# Quincy the day before leaving to his new home



## Winnow (Jan 2, 2010)

Here are a few pics I took just a minute ago of our sweet boy Quincy.
He will be leaving to join his new family tomorrow. 

Arreau I hope you will have many wonderful years with this sweet boy..

Oh and I put two pics of Charly also


----------



## ArreauStandardPoodle (Sep 1, 2009)

Thank you for these! He is lovely. It is amazing how much he has grown since we began to plan this. He is getting so tall. I will post lots of photos on Thursday so you can see how he is doing with the other dogs, and with us. Thank you so much for all you have done. Thank you for keeping me abreast of things with photos and videos. You will never know how much I appreciate your kindness. I hope you will be proud of him!


----------



## Olie (Oct 10, 2009)

These boys cannot take a bad picture. He is such a sweetheart. I am so happy that things have worked out so well for both of you!!


----------



## Keithsomething (Oct 31, 2009)

hes absolutely gorgeous Winnow, and Cherie!! 

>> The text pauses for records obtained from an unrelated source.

-- ===== src/Daemon/Request.antt =====
-- internal/builddaemon/build_request.go: the parsers of a build request and the limits under which
-- handleCreateBuild admits it.
pub mod Admission
use buildkit_service.Prelude.{
  ℕ, ◌-◌, Bool, true, false, ◌||◌, Option, none, some, List, [], ◌∷◌, ◌++◌, Map, Text, text,
  eq_text, text_eq, insert, trim_space, starts_with, trim_prefix, to_lower, member, ltb, leb,
  nat_eq, if◌then◌else◌, Result, ok, err, ◌>>=◌, ℤ, pos, negsuc,
}
use buildkit_service.Daemon.Task.{Task, canceled}
use buildkit_service.Daemon.Lifecycle.{
  Server, add_task, finish_task, cleanup_task, context_canceled, end_context,
}
use buildkit_service.Daemon.Scheduler.{ModeScheduler, SchedulerError, enqueue}

unfoldable pub first_non_empty : List Text → Text
unfolding text_eq trim_space
first_non_empty [] = []
first_non_empty (v ∷ vs) =
    let rest = first_non_empty vs in if text_eq (trim_space v) [] then rest else v

abbrev pub true_words : List Text
true_words = text "1" ∷ text "t" ∷ text "true" ∷ text "y" ∷ text "yes" ∷ text "on" ∷ []

unfoldable pub query_bool : Text → Bool
unfolding to_lower trim_space member
query_bool raw = member (to_lower (trim_space raw)) true_words

-- strconv.Atoi is the argument `atoi`; `none` is its error.
abbrev pub positive : Option ℤ → Result Text ℕ
positive (some (pos n)) =
    if ltb 0 n then ok n else err (text "timeout_seconds must be a positive integer")
positive _ = err (text "timeout_seconds must be a positive integer")

unfoldable pub parse_optional_positive_int : (Text → Option ℤ) → Text → Result Text ℕ
unfolding text_eq trim_space
parse_optional_positive_int atoi raw =
    if text_eq (trim_space raw) [] then ok 0 else positive (atoi (trim_space raw))

abbrev pub non_negative : Text → Option ℤ → Result Text ℕ
non_negative name (some (pos n)) = ok n
non_negative name _ = err (name ++ text " must be a non-negative integer")

unfoldable pub parse_optional_non_negative_int : (Text → Option ℤ) → Text → Text → ℕ → Result Text ℕ
unfolding text_eq trim_space
parse_optional_non_negative_int atoi raw name def =
    if text_eq (trim_space raw) [] then ok def else non_negative name (atoi (trim_space raw))

-- The name of a form key that is a build argument; blank if it is none.
unfoldable pub build_arg_name : Text → Text
unfolding starts_with trim_prefix trim_space
build_arg_name key =
    if starts_with (text "build_arg.") key
    then trim_space (trim_prefix (text "build_arg.") key)
    else if starts_with (text "build_arg:") key
    then trim_space (trim_prefix (text "build_arg:") key)
    else []

abbrev pub add_arg : Text → List Text → Map Text Text → Map Text Text
add_arg name [] args = args
add_arg name (v ∷ vs) args = if text_eq name [] then args else insert name v args

-- The form is a map, whose order the language leaves open; no form and no argument give nil.
unfoldable pub parse_build_args : Map Text (List Text) → Map Text Text → Map Text Text
unfolding build_arg_name text_eq insert
parse_build_args [] args = args
parse_build_args ((key, values) ∷ form) args =
    parse_build_args form (add_arg (build_arg_name key) values args)

-- A limit that is not positive stands for its default.
abbrev pub limit_or_default : ℤ → ℕ → ℕ
limit_or_default (pos n) def = if ltb 0 n then n else def
limit_or_default (negsuc n) def = def

pub record Limits : Type 0 where
  pub max_retained_tasks : ℤ
  pub max_work_dir_bytes : ℤ
  pub max_request_bytes : ℤ
  pub max_extracted_bytes : ℤ

abbrev pub default_max_retained_tasks : ℕ
default_max_retained_tasks = 100

abbrev pub default_max_work_dir_bytes : ℕ
default_max_work_dir_bytes = 8_589_934_592

abbrev pub default_max_request_bytes : ℕ
default_max_request_bytes = 536_870_912

abbrev pub default_max_extracted_bytes : ℕ
default_max_extracted_bytes = 4_294_967_296

abbrev pub retained_limit : Limits → ℕ
retained_limit l = limit_or_default l.max_retained_tasks default_max_retained_tasks

abbrev pub work_dir_limit : Limits → ℕ
work_dir_limit l = limit_or_default l.max_work_dir_bytes default_max_work_dir_bytes

abbrev pub smaller_limit : ℕ → ℕ → ℕ
smaller_limit remaining limit = if ltb remaining limit then remaining else limit

-- The status codes of a refusal.
pub data Refusal : Type 0 where
  too_many_requests insufficient_storage : Refusal

-- handleCreateBuild up to the body of the request: how many bytes it may have, given the tasks that
-- the table retains and the bytes of the work directory. A difference that is not positive is 0.
unfoldable pub admit_request : Limits → ℕ → ℕ → Result Refusal ℕ
admit_request l tasks work_dir_bytes =
    let remaining = work_dir_limit l - work_dir_bytes in
    if leb (retained_limit l) tasks
    then err too_many_requests
    else if nat_eq remaining 0
    then err insufficient_storage
    else ok
        (smaller_limit remaining (limit_or_default l.max_request_bytes default_max_request_bytes))

-- After the upload: how many bytes the archive may extract to, given those of the upload.
unfoldable pub admit_extraction : Limits → ℕ → ℕ → Result Refusal ℕ
admit_extraction l work_dir_bytes zip_bytes =
    let remaining = work_dir_limit l - work_dir_bytes - zip_bytes in
    if nat_eq remaining 0
    then err insufficient_storage
    else ok (
        smaller_limit remaining
          (limit_or_default l.max_extracted_bytes default_max_extracted_bytes))

-- Where the task goes once it is in the table: to a goroutine of its own without a scheduler, else
-- to the queue of its mode, and if that refuses it, it is cancelled, finished, its channel closed
-- and the task removed. The first part is the refusal.
abbrev pub take_back : Task → ℕ → Server → Server
take_back t now s =
    (cleanup_task t.id (
      let f =
        finish_task t.id canceled [] (some context_canceled) now
          (record s { ended = t.ctx ∷ s.ended }) in
      record f { closed = end_context t.done f.closed })).0

abbrev pub on_enqueued :
    Task
    → ℕ
    → Server
    → ModeScheduler
    → Result SchedulerError ModeScheduler
    → Option SchedulerError × Server × Option ModeScheduler
on_enqueued t now s m (ok m') = (none, s, some m')
on_enqueued t now s m (err e) = (some e, take_back t now s, some m)

unfoldable pub register_task :
    Task → ℕ → Server → Option ModeScheduler → Option SchedulerError × Server × Option ModeScheduler
unfolding add_task enqueue finish_task cleanup_task
register_task t now s none = (none, add_task t s, none)
register_task t now s (some m) = on_enqueued t now (add_task t s) m (enqueue t.mode t.id (some m))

I'm in love with his profile, such a pretty boy :]]


----------



## spoospirit (Mar 10, 2009)

_You are one lucky lady, Arreau! That is an amazing puppy and so is his dad. I love Charly's head and expression and can see it his son! I can't wait for you to have him home.
_


----------



## brittwink21 (Jan 3, 2010)

If you weren't in Iceland, I would so come over and just stare at your gorgeous Poos! Arreau, is going to just love Quincy!


----------



## Lincoln Love (Mar 9, 2010)

I was curious how much Charly weights? He looks so much smaller than my 60+ pounder.... He is VERY handsome. He has a great look!


----------



## Winnow (Jan 2, 2010)

brittwink21 said:


> If you weren't in Iceland, I would so come over and just stare at your gorgeous Poos! Arreau, is going to just love Quincy!


Well you just give me a call if you are ever in Iceland


----------



## Winnow (Jan 2, 2010)

Lincoln Love said:


> I was curious how much Charly weights? He looks so much smaller than my 60+ pounder.... He is VERY handsome. He has a great look!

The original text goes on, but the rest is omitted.